Una de las panaderías más difíciles de encontrar fue la de un fundador italiano que cumpliera con las premisas. Fue duro confirmar que las pocas que quedan entre Las Acacias y Los Chaguaramos han sido de las más afectadas por la crisis económica y desaparecieron de su menú los panes tradicionales, porque no hay quien los pague. Por ello, la Dolce Capricci es otro portento de resistencia y se entiende en el hermoso relato de Laura Helena Castillo.

Pese a las adversidades, hay algunos propietarios que han podido expandir sus firmas. Ligia Velásquez Gaspard reseña la inspiradora historia del emprendedor Bakhos Antoun y el crecimiento de su Arabito, con cuatro sedes y una próxima a abrir en Altamira. O el caso de Pan Alemán, que Nahir Márquez ilustra con una bella metáfora, cuyos dueños encontraron un camino rentable con una panificadora, preservando su concepto inicial de una sola tienda de panadería artesanal.

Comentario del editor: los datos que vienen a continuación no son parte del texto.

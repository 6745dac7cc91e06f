-- ===== src/Stresstally/Parse/Reader.antt =====
-- The lines of a log: `readLine` over what the buffered reader gives, each piece with whether the
-- line goes on; and the pairs on a line of keys and values.
use Prim.Native.Char.{code}
use text.Mathlib.Text.{◌==◌ as str_eq}
use Prim.Native.String.{◌++◌ as ◌+++◌}
use probatorium.Base.{
  Fields, ℕ, zero, suc, ◌-◌, ltb, ◌==◌, if◌then◌else◌, Bool, true, false, List, [], ◌∷◌, String,
  Option, none, some,
}
use probatorium.Stresstally.Parse.{put}

abbrev pub max_line_bytes : ℕ
max_line_bytes = 65536

text_length : String → ℕ
text_length String.[] = 0
text_length (String.◌∷◌ c s) = suc (text_length s)

take_text : ℕ → String → String
take_text n String.[] = ""
take_text zero (String.◌∷◌ c s) = ""
take_text (suc n) (String.◌∷◌ c s) = String.◌∷◌ c (take_text n s)

unfoldable pub grow_line : String → String → String
unfolding text_length take_text
grow_line b chunk =
    if ltb (text_length b) max_line_bytes
    then b +++ take_text (max_line_bytes - text_length b) chunk
    else b

-- The lines that the loop handles: what the reader ends with is one if it is not empty.
unfoldable pub read_lines : String → List (String × Bool) → List String
unfolding grow_line
read_lines b [] = if str_eq b "" then [] else b ∷ []
read_lines b ((chunk, is_prefix) ∷ chunks) = elim is_prefix [
  | true ↦ read_lines (grow_line b chunk) chunks
  | false ↦ grow_line b chunk ∷ read_lines "" chunks
]

-- `strings.Cut` at an equals sign.
unfoldable pub cut_equals : String → Option (String × String)
cut_equals String.[] = none
cut_equals (String.◌∷◌ c s) =
    let rest = cut_equals s in
    if code c == 61
    then some ("", s)
    else elim rest [ none ↦ none | some (k, v) ↦ some (String.◌∷◌ c k, v) ]

put_token : String → Fields → Fields
unfolding cut_equals put
put_token token fields = elim (cut_equals token) [ none ↦ fields | some (k, v) ↦ put fields k v ]

-- `fields`, from the tokens of a line.
unfoldable pub fields_of : List String → Fields → Fields
unfolding put_token
fields_of [] fields = fields
fields_of (token ∷ tokens) fields = fields_of tokens (put_token token fields)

Otro relato de éxito es, sin duda, el de Rosita. Su fan Naky Soto cuenta las claves de cómo lograron llevar sus productos, primero, del local de la plaza Las Delicias a cientos de restaurantes y, luego, a los supermercados

Por el contrario, el capítulo de Inversiones Soleado (antes, Los Claveles) es una historia de humildad que conmueve y que narra una de las aficionadas a sus panes: Adriana Villanueva. Nadie recuerda la identidad del local, pero en su estrecha sede elaboran panes rústicos que han ganado fama y que venden a establecimientos de renombre.

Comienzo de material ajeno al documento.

-- ===== src/Transfer/Faults.antt =====
-- What a network that cuts messages, and a foreign server, can do to the client.
use Prim.Native.Nat.{ℕ}
use linux_app_samp.Base.{
  ◌+◌, ◌-◌, ◌*◌, ◌<◌, ◌≤◌, ◌≡◌, ◌≢◌, ◌↔◌, inl, inr, false, Bytes, length, get_or, some, take,
  replicate, arith, get_or-overlay, get_or-take, get_or-replicate, length-take, length-replicate,
  Bool-cases, ltb, if◌then◌else◌,
}
use linux_app_samp.Transfer.Wire.{size_one_packet, size_packet_buf, eof_pos_a, eof_pos_b, data_code}
use linux_app_samp.Transfer.Receiver.{
  block, overrun, check_data, receive_into, read_block, rcv_data_block,
}
use linux_app_samp.Transfer.Check.{check_data_iff}

-- The buffer after a `recv`: the bytes received, then zeros.
get_or-receive_into_all :
    (bytes : Bytes) (i : ℕ)
    → length bytes ≤ eof_pos_b + 1
    → i ≤ eof_pos_b
    → get_or (receive_into bytes) i ≡ (if ltb i (length bytes) then get_or bytes i else 0)
unfolding receive_into
get_or-receive_into_all bytes i h p = ground (
  arith,
  length-take (eof_pos_b + 1) bytes,
  length-replicate {A = ℕ} size_packet_buf 0,
  get_or-overlay (take (eof_pos_b + 1) bytes) (replicate size_packet_buf 0) i,
  get_or-take (eof_pos_b + 1) bytes i,
  get_or-replicate size_packet_buf 0 i,
)

check_data-zero :
    (buf : Bytes) (size i : ℕ)
    → 5 ≤ i
    → i < size - 5
    → get_or buf i ≢ data_code
    → check_data buf size ≡ false
check_data-zero buf size i p q h = elim (Bool-cases (check_data buf size)) [
  | inl good ↦ absurd (h ((check_data_iff buf size).0 good i p q))
  | inr bad ↦ bad
]

-- A `recv` that returns less than the data of a full packet, whatever it returns, is taken for a block
-- that is not the end and is not good, and nothing of it is kept: the rest of that packet is then
-- read as if a packet began there.
pub rcv_short :
    (bytes : Bytes)
    → length bytes < size_one_packet - 5
    → rcv_data_block (some bytes) ≡ block false false
unfolding rcv_data_block read_block
rcv_short bytes h =
    let buf : Bytes = receive_into bytes in
    ground (
      arith,
      get_or-receive_into_all bytes eof_pos_a,
      get_or-receive_into_all bytes eof_pos_b,
      get_or-receive_into_all bytes (size_one_packet - 6),
      check_data-zero buf size_one_packet (size_one_packet - 6),
    )

-- The write at the mark lies behind the buffer exactly if the bytes received carry a mark that is at
-- least the size of the buffer and has no byte that is the data code.
pub rcv_overrun_iff :
    (bytes : Bytes)
    → length bytes ≡ eof_pos_b + 1
    → (rcv_data_block (some bytes) ≡ overrun) ↔ (
        (get_or bytes eof_pos_a ≢ data_code)
        × (get_or bytes eof_pos_b ≢ data_code)
        × (size_packet_buf ≤ get_or bytes eof_pos_a * 256 + get_or bytes eof_pos_b))
unfolding rcv_data_block read_block
rcv_overrun_iff bytes h =
    let at_a = get_or-receive_into_all bytes eof_pos_a (omega arith) (omega arith) in
    let at_b = get_or-receive_into_all bytes eof_pos_b (omega arith) (omega arith) in
    (ground (arith, at_a, at_b), ground (arith, at_a, at_b))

Y, finalmente, en el capítulo de la panadería Angela se aprecia la insistencia de sus dueños en mantener la calidad de sus panes portugueses y en hacerlos con masa madre, pese al difícil contexto en el que se desenvuelve en la Candelaria.  Lo cuenta Giuliana Chiappe con nostalgia de sus tiempos como redactora del vecino diario El Universal.

De la gloria de la abuela

Este libro estaría incompleto si no habláramos de los productos emblemáticos de estas panaderías. Por esta razón, Juan Carlos Bruzual, director de IEPAN, se dedicó a recorrerlas y a probar los panes que recomiendan los clientes, para describirlos técnicamente y destacar su valor gastronómico, desde su experiencia y apreciación personal.

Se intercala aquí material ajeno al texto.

-- ===== src/Transfer/RoundTrip.antt =====
-- The server's packets, each received whole, through the loop of the client.
use Prim.Native.Nat.{ℕ}
use native.Mathlib.Nat.{add-zero, zero-add}
use mathlib.Core.Path.{ap₂}
use mathlib.Core.List.{append-nil}
use native.Mathlib.Numerals.{add-one}
use linux_app_samp.Base.{
  zero, suc, ◌+◌, ◌*◌, ◌%◌, ◌≤◌, ◌<◌, ◌≡◌, refl, ◌↔◌, ◌⊎◌, inl, inr, Bool, true, false, not, ◌&&◌,
  ◌==◌, if◌then◌else◌, Bytes, length, Option, some, List, [], ◌∷◌, ◌++◌, map, arith, Bool-cases,
  ◌∙◌,
}
use linux_app_samp.Transfer.Wire.{size_one_packet, data_code, send_one_packet}
use linux_app_samp.Transfer.Layout.{Chunk}
use linux_app_samp.Transfer.Sender.{send_loop, full_packets, packets, packets-suc, send_loop_total}
use linux_app_samp.Transfer.Receiver.{
  block, rcv_data_block, check_data, Outcome, finished, waiting, client_loop,
}
use linux_app_samp.Transfer.Check.{IsPiece, is_marked, rcv_sent_cases}

-- A packet that is received whole: the client sees the end exactly at a marked packet whose low
-- byte is not the data code, writes nothing behind its buffer, and reports the data as good exactly
-- if the piece, less five bytes at each end, is all data code, or if the mark was not recognised.
pub rcv_sent :
    {payload : Bytes} {start size : ℕ}
    → Chunk payload start size
    → (send_eof : Bool) → 0 < size
    → (ok : Bool) × (rcv_data_block (some (send_one_packet payload start size send_eof))
        ≡ block (is_marked size send_eof && not (size % 256 == data_code)) ok)
      × ((ok ≡ true)
          ↔ ((is_marked size send_eof && (size % 256 == data_code)) ≡ true)
            ⊎ IsPiece payload start size)
rcv_sent c send_eof p = elim (rcv_sent_cases c send_eof p) [
  | inl (low, e) ↦ (true, ground (arith, low), (λ h. inl low, λ h. refl))
  | inr (plain, buf, e, iff) ↦
      (check_data buf _, ground arith, (λ h. inr (iff.0 h), elim [ inl h ↦ cc | inr h ↦ iff.1 h ]))
]

-- Every piece of the data is the data code, less five bytes at each end of the piece.
abbrev pub IsClean : ℕ → ℕ → Bytes → ℕ → Type 0
IsClean zero size payload start = IsPiece payload start size
IsClean (suc count) size payload start =
    IsPiece payload start size_one_packet × IsClean count size payload (start + size_one_packet)

-- A line `rcv failed` for a block that is not good.
add_failure : Bool → ℕ
add_failure true = 0
add_failure false = 1

add_failure_iff : (ok : Bool) → (add_failure ok ≡ 0) ↔ (ok ≡ true)
unfolding add_failure
add_failure_iff ok = ground arith

client_loop-more :
    (cnt failures : ℕ) (r : Option Bytes) (rs : List (Option Bytes)) (ok : Bool)
    → rcv_data_block r ≡ block false ok
    → client_loop cnt failures (r ∷ rs) ≡ client_loop (suc cnt) (failures + add_failure ok) rs
unfolding client_loop add_failure
client_loop-more cnt failures r rs true h = rw (h, client_loop) (rw add-zero)
client_loop-more cnt failures r rs false h = rw (h, client_loop) (rw add-one)

client_loop-last :
    (cnt failures : ℕ) (r : Option Bytes) (rs : List (Option Bytes)) (ok : Bool)
    → rcv_data_block r ≡ block true ok
    → client_loop cnt failures (r ∷ rs) ≡ finished (suc cnt) (failures + add_failure ok) rs
unfolding client_loop add_failure
client_loop-last cnt failures r rs true h = rw (h, client_loop) (rw add-zero)
client_loop-last cnt failures r rs false h = rw (h, client_loop) (rw add-one)

-- Where the loop stands after a last packet of `size` bytes.
abbrev pub after_last : ℕ → ℕ → ℕ → List (Option Bytes) → Outcome
after_last size cnt failures rs =
    if size % 256 == data_code then client_loop cnt failures rs else finished cnt failures rs

client_loop-last_packet :
    (size : ℕ) (payload : Bytes) (start cnt failures : ℕ) (rs : List (Option Bytes)) (ok : Bool)
    → rcv_data_block (some (send_one_packet payload start size true))
      ≡ block (is_marked size true && not (size % 256 == data_code)) ok
    → client_loop cnt failures (some (send_one_packet payload start size true) ∷ rs)
      ≡ after_last size (suc cnt) (failures + add_failure ok) rs
client_loop-last_packet size payload start cnt failures rs ok e =
    let sent : Option Bytes = some (send_one_packet payload start size true) in
    elim (Bool-cases (size % 256 == data_code)) [
      | inl low ↦ rw low (client_loop-more cnt failures sent rs ok (ground arith))
      | inr low ↦ rw low (client_loop-last cnt failures sent rs ok (ground arith))
    ]

-- The loop over all packets of a block, received whole: `n` of them are reported as failed.
record Received (count size : ℕ) (payload : Bytes) (start cnt failures : ℕ)
    (rs : List (Option Bytes)) (n : ℕ) : Type 0 where
  outcome :
      client_loop cnt failures (map some (packets count size payload start) ++ rs)
      ≡ after_last size (cnt + suc count) (failures + n) rs
  good : IsClean count size payload start → n ≡ 0
  bad : n ≡ 0 → (size % 256 == data_code) ≡ false → IsClean count size payload start

Received-last :
    (size : ℕ) (payload : Bytes) (start cnt failures : ℕ) (rs : List (Option Bytes))
    → 0 < size
    → Chunk payload start size
    → (n : ℕ) × Received 0 size payload start cnt failures rs n
unfolding packets full_packets
Received-last size payload start cnt failures rs p c =
    let (ok, e, clean) = rcv_sent c true p in
    (
      add_failure ok,
      record {
        outcome =
            rw (add-zero, add-one)
              (client_loop-last_packet size payload start cnt failures rs ok e);
        good = λ h. (add_failure_iff ok).1 (clean.1 (inr h));
        bad = λ h low. ground (arith, (add_failure_iff ok).0 h, clean.0);
      },
    )

Received-more :
    (count size : ℕ) (payload : Bytes) (start cnt failures : ℕ) (rs : List (Option Bytes))
    (ok : Bool) (n : ℕ)
    → rcv_data_block (some (send_one_packet payload start size_one_packet false)) ≡ block false ok
    → (ok ≡ true) ↔ IsPiece payload start size_one_packet
    → Received count size payload
        (start + size_one_packet)
        (suc cnt)
        (failures + add_failure ok)
        rs
        n
    → Received (suc count) size payload start cnt failures rs (add_failure ok + n)
Received-more count size payload start cnt failures rs ok n e clean r = record {
  outcome = rw packets-suc (
      client_loop-more cnt failures _ _ ok e
      ∙ r.outcome
      ∙ ap₂ (λ c f. after_last size c f rs) (omega arith) (omega arith));
  good = λ h. omega (arith, (add_failure_iff ok).1 (clean.1 h.0), r.good h.1);
  bad = λ h low. (clean.0 ((add_failure_iff ok).0 (omega arith)), r.bad (omega arith) low);
}

Received-all :
    (count size : ℕ) (payload : Bytes) (start cnt failures : ℕ) (rs : List (Option Bytes))
    → 0 < size
    → size ≤ size_one_packet
    → start + (count * size_one_packet + size) ≤ length payload
    → (n : ℕ) × Received count size payload start cnt failures rs n
Received-all zero size payload start cnt failures rs p q h =
    Received-last size payload start cnt failures rs p (record { inside = omega arith; fits = q })
Received-all (suc count) size payload start cnt failures rs p q h =
    let (ok, e, clean) =
      rcv_sent {payload = payload} {start = start} {size = size_one_packet}
        (record { inside = omega arith; fits = omega arith }) false (omega arith) in
    let (n, r) =
      Received-all count size payload (start + size_one_packet) (suc cnt)
        (failures + add_failure ok) rs p q (omega arith) in
    (
      add_failure ok + n,
      Received-more count size payload start cnt failures rs ok n e (ground (arith, clean)) r,
    )

Received-alone :
    {count size : ℕ} {payload : Bytes} (n : ℕ)
    → Received count size payload 0 0 0 [] n
    → client_loop 0 0 (map some (packets count size payload 0)) ≡ after_last size (suc count) n []
Received-alone {count} {size} n r = rw (append-nil, zero-add, zero-add) at r.outcome

-- The transfer: for data of any length above 0, given as so many full pieces and a last one of
-- `size` bytes, the server's loop ends with a list of packets, and the client, which receives each
-- whole, ends its loop at the last of them, having read all and nothing more, if the low byte of
-- `size` is not the data code. The number of lines `rcv failed` is then 0 exactly if every piece is
-- all data code, less five bytes at each end.
pub transfer_complete :
    (count size : ℕ) (payload : Bytes)
    → 0 < size
    → size ≤ size_one_packet
    → length payload ≡ count * size_one_packet + size
    → (size % 256 == data_code) ≡ false
    → (ps : List Bytes) × (n : ℕ) × (send_loop (suc count) payload 0 (length payload) ≡ some ps)
      × (client_loop 0 0 (map some ps) ≡ finished (suc count) n [])
      × ((n ≡ 0) ↔ IsClean count size payload 0)
transfer_complete count size payload p q e low =
    let (n, r) = Received-all count size payload 0 0 0 [] p q (omega arith) in
    (
      packets count size payload 0,
      n,
      rw e (send_loop_total count (suc count) size payload 0 p q (omega arith)),
      Received-alone n r ∙ rw low,
      (λ h. r.bad h low, r.good),
    )

-- If the low byte of the length of the last piece is the data code, the client does not see the
-- end: after all the packets it waits for more.
pub transfer_end_lost :
    (count size : ℕ) (payload : Bytes)
    → 0 < size
    → size ≤ size_one_packet
    → length payload ≡ count * size_one_packet + size
    → size % 256 ≡ data_code
    → (ps : List Bytes) × (n : ℕ) × (send_loop (suc count) payload 0 (length payload) ≡ some ps)
      × (client_loop 0 0 (map some ps) ≡ waiting (suc count) n)
unfolding client_loop
transfer_end_lost count size payload p q e low =
    let (n, r) = Received-all count size payload 0 0 0 [] p q (omega arith) in
    (
      packets count size payload 0,
      n,
      rw e (send_loop_total count (suc count) size payload 0 p q (omega arith)),
      Received-alone n r ∙ ground arith,
    )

Con textos breves que acompañan cada crónica de la panadería, Bruzual muestra sus hallazgos y cómo se enamoró del pan de la abuela y del pan de chorizo; destaca productos peculiares, como la broa de maíz, que tiene su público exclusivo en la comunidad portuguesa, y el respeto que le profesa a la tradición que hay detrás de una jalá.

El aporte del Instituto Europeo del Pan lo complementa, al final, el recetario de panes que nos legaron los inmigrantes y que enseñamos a hacer en los cursos. Las fórmulas fueron adaptadas y diseñadas por los profesores Juan Carlos Bruzual y Juan Vicente Bruzual.

Allí encontrarán nuestro gallego, la focaccia, la jalá, el pan pita, el campesino, la barra de centeno y hasta aquellos que los inmigrantes crearon en Venezuela y que son muy valorados: el cachito y el pan de jamón.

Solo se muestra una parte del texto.